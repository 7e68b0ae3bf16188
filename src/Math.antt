-- ===== src/Math.antt =====
-- crates/interface/src/math.rs: the shared integer accounting of vaults. `u128::from` of a `u64` is
-- the number itself; `+` on `u128` is written with its wrap-around, which no caller reaches.
pub mod Rounding
pub mod Pow
pub mod Pricing
pub mod Shares
pub mod Fees
mod Examples
use roshi.Common.{ℕ, ◌+◌, ◌-◌, ◌*◌, ◌/◌, ◌%◌, ◌^◌, Bool, ◌||◌, leb, ltb, ◌==◌, if◌then◌else◌}
use roshi.Common.Result.{Result, ok, err, ◌>>=◌, ◌>>◌, fail_if, ok_or, map_ok}
use roshi.Common.Error.{
  RoshiError, invalid_decimals, division_by_zero, overflow, result_does_not_fit, invalid_bps,
  zero_output, invalid_vault_state,
}
use roshi.Common.Word.{
  u8, u64, u128, try_into, checked_add, checked_mul, checked_sub, max, wrapping_add,
}

abbrev pub MathResult : Type 0 → Type 0
MathResult A = Result RoshiError A

abbrev pub share_decimals : ℕ
share_decimals = 9

abbrev pub bps_denominator : ℕ
bps_denominator = 10000

-- crates/interface/src/oracle.rs: `value / 10^decimals` quote units for one whole token.
pub record OraclePrice : Type 0 where
  pub value : ℕ
  pub decimals : ℕ

abbrev pub unit_price : OraclePrice
unit_price = record { value = 1; decimals = 0 }

unfoldable pub pow10 : ℕ → MathResult ℕ
pow10 decimals = ok_or (try_into u128 (10 ^ decimals)) invalid_decimals

unfoldable pub mul_div_floor : ℕ → ℕ → ℕ → MathResult ℕ
mul_div_floor lhs rhs denominator = do
  fail_if (denominator == 0) division_by_zero
  map_ok (λ product. product / denominator) (ok_or (checked_mul u128 lhs rhs) overflow)

unfoldable pub mul_div_ceil : ℕ → ℕ → ℕ → MathResult ℕ
mul_div_ceil lhs rhs denominator = do
  fail_if (denominator == 0) division_by_zero
  product ← ok_or (checked_mul u128 lhs rhs) overflow
  let quotient = product / denominator
  if product % denominator == 0 then ok quotient else ok_or (checked_add u128 quotient 1) overflow

unfoldable pub checked_u64 : ℕ → MathResult ℕ
checked_u64 value = ok_or (try_into u64 value) result_does_not_fit

unfoldable pub mul_div_floor_u64 : ℕ → ℕ → ℕ → MathResult ℕ
mul_div_floor_u64 lhs rhs denominator = do
  value ← mul_div_floor lhs rhs denominator
  checked_u64 value

unfoldable pub mul_div_ceil_u64 : ℕ → ℕ → ℕ → MathResult ℕ
mul_div_ceil_u64 lhs rhs denominator = do
  value ← mul_div_ceil lhs rhs denominator
  checked_u64 value

-- Where a fee is charged: rounded to the nearest, halves up, and at least 1.
unfoldable pub nearest_min1 : ℕ → ℕ → ℕ → MathResult ℕ
nearest_min1 value num den = do
  fail_if (den == 0) division_by_zero
  numerator ← ok_or (checked_mul u128 value num) overflow
  let quotient = numerator / den
  let remainder = numerator % den
  let nearest = if leb den (2 * remainder % u128) then wrapping_add u128 quotient 1 else quotient
  checked_u64 (max nearest 1)

unfoldable pub round_with_min1 : ℕ → ℕ → ℕ → MathResult ℕ
round_with_min1 value num den = if num == 0 || value == 0 then ok 0 else nearest_min1 value num den

unfoldable pub bps_floor : ℕ → ℕ → MathResult ℕ
bps_floor amount bps = mul_div_floor_u64 amount bps bps_denominator

unfoldable pub bps_ceil : ℕ → ℕ → MathResult ℕ
bps_ceil amount bps = mul_div_ceil_u64 amount bps bps_denominator

unfoldable pub validate_percentage_bps : ℕ → MathResult (Unit {0})
validate_percentage_bps bps = fail_if (ltb bps_denominator bps) invalid_bps

unfoldable pub net_decimals : ℕ → MathResult ℕ
net_decimals exponent = ok_or (try_into u8 exponent) invalid_decimals

-- The two branches on the net power of ten.
unfoldable pub scale_numerator : ℕ → ℕ → ℕ → MathResult ℕ
scale_numerator scaled_atoms base_value exponent = do
  net ← net_decimals exponent
  scale ← pow10 net
  mul_div_floor scaled_atoms scale base_value

unfoldable pub scale_denominator : ℕ → ℕ → ℕ → MathResult ℕ
scale_denominator scaled_atoms base_value exponent = do
  net ← net_decimals exponent
  scale ← pow10 net
  denominator ← ok_or (checked_mul u128 base_value scale) overflow
  ok (scaled_atoms / denominator)

unfoldable pub base_atoms_from_asset_atoms : ℕ → OraclePrice → OraclePrice → ℕ → ℕ → MathResult ℕ
base_atoms_from_asset_atoms asset_atoms asset_price base_price asset_decimals base_decimals = do
  fail_if (base_price.value == 0) division_by_zero
  let numerator_exp = base_decimals + base_price.decimals
  let denominator_exp = asset_decimals + asset_price.decimals
  scaled_atoms ← ok_or (checked_mul u128 asset_atoms asset_price.value) overflow
  value ←
      if leb denominator_exp numerator_exp
      then scale_numerator scaled_atoms base_price.value (numerator_exp - denominator_exp)
      else scale_denominator scaled_atoms base_price.value (denominator_exp - numerator_exp)
  checked_u64 value

unfoldable pub virtual_share_offset : ℕ → MathResult ℕ
virtual_share_offset base_decimals = do
  delta ← ok_or (checked_sub share_decimals base_decimals) invalid_decimals
  pow10 delta

unfoldable pub checked_nonzero_u64 : ℕ → MathResult ℕ
checked_nonzero_u64 value = do value ← checked_u64 value; fail_if (value == 0) zero_output; ok value

unfoldable pub shares_for_deposit : ℕ → ℕ → ℕ → ℕ → MathResult ℕ
shares_for_deposit base_atoms total_assets total_shares base_decimals = do
  virtual_shares ← virtual_share_offset base_decimals
  shares ←
      mul_div_floor base_atoms (wrapping_add u128 total_shares virtual_shares)
        (wrapping_add u128 total_assets 1)
  checked_nonzero_u64 shares

unfoldable pub assets_for_shares : ℕ → ℕ → ℕ → ℕ → MathResult ℕ
assets_for_shares shares total_assets total_shares base_decimals = do
  fail_if (ltb total_shares shares) invalid_vault_state
  virtual_shares ← virtual_share_offset base_decimals
  assets ←
      mul_div_floor shares (wrapping_add u128 total_assets 1)
        (wrapping_add u128 total_shares virtual_shares)
  checked_u64 assets

unfoldable pub assets_for_redeem : ℕ → ℕ → ℕ → ℕ → MathResult ℕ
assets_for_redeem shares total_assets total_shares base_decimals = do
  assets ← assets_for_shares shares total_assets total_shares base_decimals
  fail_if (assets == 0) zero_output
  ok assets

unfoldable pub share_price_from_assets : ℕ → ℕ → MathResult ℕ
share_price_from_assets total_assets total_shares = do
  fail_if (total_shares == 0) invalid_vault_state
  share_scale ← pow10 share_decimals
  share_price ← mul_div_floor total_assets share_scale total_shares
  checked_u64 share_price

-- Where the gross price is above the watermark: the fee is a share of the profit over it.
unfoldable pub charged_fee : ℕ → ℕ → ℕ → ℕ → MathResult (ℕ × ℕ × ℕ)
charged_fee gross_total_assets total_shares high_watermark performance_fee_bps = do
  share_scale ← pow10 share_decimals
  high_watermark_value ← mul_div_ceil high_watermark total_shares share_scale
  high_watermark_assets ← checked_u64 high_watermark_value
  profit_assets ← ok_or (checked_sub gross_total_assets high_watermark_assets) overflow
  fee_assets ← bps_floor profit_assets performance_fee_bps
  net_total_assets ← ok_or (checked_sub gross_total_assets fee_assets) overflow
  net_share_price ← share_price_from_assets net_total_assets total_shares
  ok (fee_assets, net_total_assets, max high_watermark net_share_price)

unfoldable pub priced_fee : ℕ → ℕ → ℕ → ℕ → MathResult (ℕ × ℕ × ℕ)
priced_fee gross_total_assets total_shares high_watermark performance_fee_bps = do
  gross_share_price ← share_price_from_assets gross_total_assets total_shares
  if high_watermark == 0 || leb gross_share_price high_watermark || performance_fee_bps == 0
      then ok (0, gross_total_assets, max high_watermark gross_share_price)
      else charged_fee gross_total_assets total_shares high_watermark performance_fee_bps

-- The fee, the net assets after it and the new high watermark.
unfoldable pub performance_fee_for_nav : ℕ → ℕ → ℕ → ℕ → MathResult (ℕ × ℕ × ℕ)
performance_fee_for_nav gross_total_assets total_shares high_watermark performance_fee_bps = do
  validate_percentage_bps performance_fee_bps
  if total_shares == 0
      then ok (0, gross_total_assets, high_watermark)
      else priced_fee gross_total_assets total_shares high_watermark performance_fee_bps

....

→ EXERCISE REQUIREMENTS
Starting at the line with "net_decimals exponent = ok_or" and ending at the line with "then scale_numerator scaled_atoms", print each line of the listing above exactly, with no other lines.

→ RESULT OF THIS EXERCISE
net_decimals exponent = ok_or (try_into u8 exponent) invalid_decimals

-- The two branches on the net power of ten.
unfoldable pub scale_numerator : ℕ → ℕ → ℕ → MathResult ℕ
scale_numerator scaled_atoms base_value exponent = do
  net ← net_decimals exponent
  scale ← pow10 net
  mul_div_floor scaled_atoms scale base_value

unfoldable pub scale_denominator : ℕ → ℕ → ℕ → MathResult ℕ
scale_denominator scaled_atoms base_value exponent = do
  net ← net_decimals exponent
  scale ← pow10 net
  denominator ← ok_or (checked_mul u128 base_value scale) overflow
  ok (scaled_atoms / denominator)

unfoldable pub base_atoms_from_asset_atoms : ℕ → OraclePrice → OraclePrice → ℕ → ℕ → MathResult ℕ
base_atoms_from_asset_atoms asset_atoms asset_price base_price asset_decimals base_decimals = do
  fail_if (base_price.value == 0) division_by_zero
  let numerator_exp = base_decimals + base_price.decimals
  let denominator_exp = asset_decimals + asset_price.decimals
  scaled_atoms ← ok_or (checked_mul u128 asset_atoms asset_price.value) overflow
  value ←
      if leb denominator_exp numerator_exp
      then scale_numerator scaled_atoms base_price.value (numerator_exp - denominator_exp)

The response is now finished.